# Most Interesting/Deepest/Sludgiest Fuzz PCB?



## farwest1 (Apr 24, 2020)

What's the most interesting, sludgiest, or deepest fuzz PCB you've built from PedalPCB?

I've already built the Algal Bloom (Plecostomus) clone and the Musket Clone (Blunderbuss), both of which are great. I've also built a Tone Bender MKII from Aion.  I own a Zvex Mastotron and a SolidgoldFX Lysis as well. Mastotron is my all-time favorite.

Looking for something different  from these. All thoughts and rankings are welcome—as well as disappointments—builds that just didn't have ooomph.


----------



## Nostradoomus (Apr 24, 2020)

I just built the Graphite but replaced some caps (can’t remember all off the top of my head, but the 2n2 input cap is now 100n) and it really shines for low tuned sludgy stuff.

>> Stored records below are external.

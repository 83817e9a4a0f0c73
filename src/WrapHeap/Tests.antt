-- ===== src/WrapHeap/Tests.antt =====
-- A heap of three buffers.
use chanjet.Common.{ℕ, ◌≡◌, refl, [], ◌∷◌, some, arith}
use chanjet.Common.Int.{pos, negsuc}
use chanjet.MinHeap.{MinHeapItem, MinHeap, swap, append_item, drop_last, less, up, down}
use chanjet.WrapHeap.{push, pick}
use chanjet.WrapHeap.Order.{IsValid, Pushed, push_correct}
use chanjet.WrapHeap.Pick.{Picked, pick_least}

abbrev item : ℕ → MinHeapItem
item n = record { sequence = pos n; buf = n; index = pos 0 }

abbrev at_place : ℕ → ℕ → MinHeapItem
at_place n i = record { sequence = pos n; buf = n; index = pos i }

abbrev pair : MinHeap
pair = at_place 4 0 ∷ at_place 9 1 ∷ []

pair-IsValid : IsValid pair
pair-IsValid = grind arith

push-pair : push pair (item 2) ≡ some (at_place 2 0 ∷ at_place 9 1 ∷ at_place 4 2 ∷ [])
unfolding push append_item swap less up
push-pair = refl

pick-pair :
    pick pair
    ≡ some (some (record { sequence = pos 4; buf = 4; index = negsuc 0 }), at_place 9 0 ∷ [])
unfolding pick drop_last swap less down
pick-pair = refl

push_correct_example : Pushed pair (item 2) (push pair (item 2))
push_correct_example = push_correct pair (item 2) pair-IsValid

pick_least_example : Picked pair (pick pair)
pick_least_example = pick_least pair pair-IsValid (omega arith)
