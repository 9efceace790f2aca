-- ===== src/Gateway/Context.antt =====
-- app/gateway/routes.py: the context that a task runs under, the bearer token's or the envelope's.
use bu_iam.Prelude.{
  String, Bool, ◌≡◌, refl, ap, subst, inl, inr, ◌⊎◌, true, Option, none, some, arith, ◌==◌, ◌∙◌,
  eq_iff, Option-cases,
}
use bu_iam.Prelude.Result.{ok, err, guard, ◌>>◌}
use bu_iam.Libs.{Libs}
use bu_iam.Protocol.{AuthContext, DelegationEnvelope, DelegationCredential}
use bu_iam.Protocol.Errors.{Exception, http_exception, credential_error, Read}
use bu_iam.World.{World}
use bu_iam.Delegation.Service.{validate_auth_context_credential}
use bu_iam.Delegation.Service.Context.{SpeaksFor, validate_auth_context_credential-SpeaksFor}

-- a credential that names a trace is for that trace only
unfoldable pub in_trace : Option String → String → Bool
in_trace none trace_id = true
in_trace (some t) trace_id = t == trace_id

abbrev pub other_trace : Exception
other_trace =
    http_exception 403 "AUTH_CREDENTIAL_INVALID"
      "delegation credential belongs to a different trace"

abbrev pub other_subject : Exception
other_subject =
    http_exception 403 "AUTH_CREDENTIAL_SUBJECT_MISMATCH"
      "delegation credential subject does not match bearer token"

-- the envelope's context and what the check of its credential returns
unfoldable pub context_of_credential :
    DelegationEnvelope
    → AuthContext
    → AuthContext
    → Read (Option DelegationCredential)
    → Read AuthContext
unfolding in_trace
context_of_credential e current bearer (err (credential_error error_code message)) =
    err (http_exception 403 error_code message)
context_of_credential e current bearer (err x) = err x
context_of_credential e current bearer (ok none) = err other_subject
context_of_credential e current bearer (ok (some c)) = do
  guard (in_trace c.trace_id e.trace_id) other_trace
  guard (c.subject_id == bearer.agent_id) other_subject
  ok current

unfoldable pub trusted_context :
    Libs → DelegationEnvelope → AuthContext → Option String → AuthContext → World → Read AuthContext
unfolding context_of_credential validate_auth_context_credential
trusted_context lib e current none bearer w = ok bearer
trusted_context lib e current (some cid) bearer w =
    context_of_credential e current bearer (validate_auth_context_credential lib (some current) w)

unfoldable pub trusted_from :
    Libs → DelegationEnvelope → Option AuthContext → AuthContext → World → Read AuthContext
unfolding trusted_context
trusted_from lib e none bearer w = ok bearer
trusted_from lib e (some current) bearer w =
    trusted_context lib e current current.credential_id bearer w

unfoldable pub trusted_auth_context_for_envelope :
    Libs → DelegationEnvelope → AuthContext → World → Read AuthContext
unfolding trusted_from
trusted_auth_context_for_envelope lib e bearer w = trusted_from lib e e.auth_context bearer w

-- the credential that the envelope's context names
unfoldable pub named_credential : Option AuthContext → Option String
named_credential none = none
named_credential (some a) = a.credential_id

-- A context that speaks for a credential of the bearer's agent that is not for another trace.
pub record Held (lib : Libs) (w : World) (e : DelegationEnvelope) (bearer a : AuthContext)
    : Type 0 where
  pub credential : DelegationCredential
  pub speaks : SpeaksFor lib w a credential
  pub trace : in_trace credential.trace_id e.trace_id ≡ true
  pub agent : a.agent_id ≡ bearer.agent_id

context_of_credential-ok :
    (e : DelegationEnvelope) (current bearer a : AuthContext)
    (found : Read (Option DelegationCredential))
    → context_of_credential e current bearer found ≡ ok a
    → (c : DelegationCredential) × (found ≡ ok (some c))
      × (in_trace c.trace_id e.trace_id ≡ true)
      × ((c.subject_id == bearer.agent_id) ≡ true)
      × (current ≡ a)
unfolding context_of_credential
context_of_credential-ok e current bearer a (err (credential_error _ _)) h = absurd (cc h)
context_of_credential-ok e current bearer a (err _) h = absurd (cc h)
context_of_credential-ok e current bearer a (ok none) h = absurd (cc h)
context_of_credential-ok e current bearer a (ok (some c)) h =
    (c, refl, ground (arith, h), ground (arith, h), ground (arith, h))

trusted_context-ok :
    (lib : Libs) (e : DelegationEnvelope) (current bearer a : AuthContext) (named : Option String)
    (w : World)
    → trusted_context lib e current named bearer w ≡ ok a
    → ((named ≡ none) × (a ≡ bearer)) ⊎ ((current ≡ a) × Held lib w e bearer a)
unfolding trusted_context
trusted_context-ok lib e current bearer a none w h = inl (refl, cc h)
trusted_context-ok lib e current bearer a (some cid) w h =
    let (c, valid, trace, subject, same) =
      context_of_credential-ok e current bearer a
        (validate_auth_context_credential lib (some current) w) h in
    let speaks = validate_auth_context_credential-SpeaksFor lib w current c valid in
    inr (
      same,
      subst (Held lib w e bearer) same (record {
        credential = c;
        speaks = speaks;
        trace = trace;
        agent = cc ((eq_iff _ _).0 subject, speaks.agent);
      }),
    )

-- If `trusted_auth_context_for_envelope` returns a context, the envelope names no credential and
-- it is the bearer token's context, or it is the envelope's, of the bearer's agent, and speaks for
-- a stored credential with a valid branch that names no other trace than the envelope's.
pub trusted_auth_context-Held :
    (lib : Libs) (e : DelegationEnvelope) (bearer a : AuthContext) (w : World)
    → trusted_auth_context_for_envelope lib e bearer w ≡ ok a
    → ((named_credential e.auth_context ≡ none) × (a ≡ bearer))
      ⊎ ((e.auth_context ≡ some a) × Held lib w e bearer a)
unfolding trusted_auth_context_for_envelope trusted_from named_credential
trusted_auth_context-Held lib e bearer a w h = elim (Option-cases e.auth_context) [
  | inl missing ↦ inl (ap named_credential missing, cc (rw missing at h))
  | inr (current, has) ↦
      elim (trusted_context-ok lib e current bearer a current.credential_id w (rw has at h)) [
        | inl (unnamed, same) ↦ inl (ap named_credential has ∙ unnamed, same)
        | inr (same, held) ↦ inr (has ∙ ap some same, held)
      ]
]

Also if you have never had an HM-2, I can’t recommend them enough. The low end they can put out is amazing.


----------



## farwest1 (Apr 24, 2020)

Nostradoomus said:


> I just built the Graphite but replaced some caps (can’t remember all off the top of my head, but the 2n2 input cap is now 100n) and it really shines for low tuned sludgy stuff.
> 
> Also if you have never had an HM-2, I can’t recommend them enough. The low end they can put out is amazing.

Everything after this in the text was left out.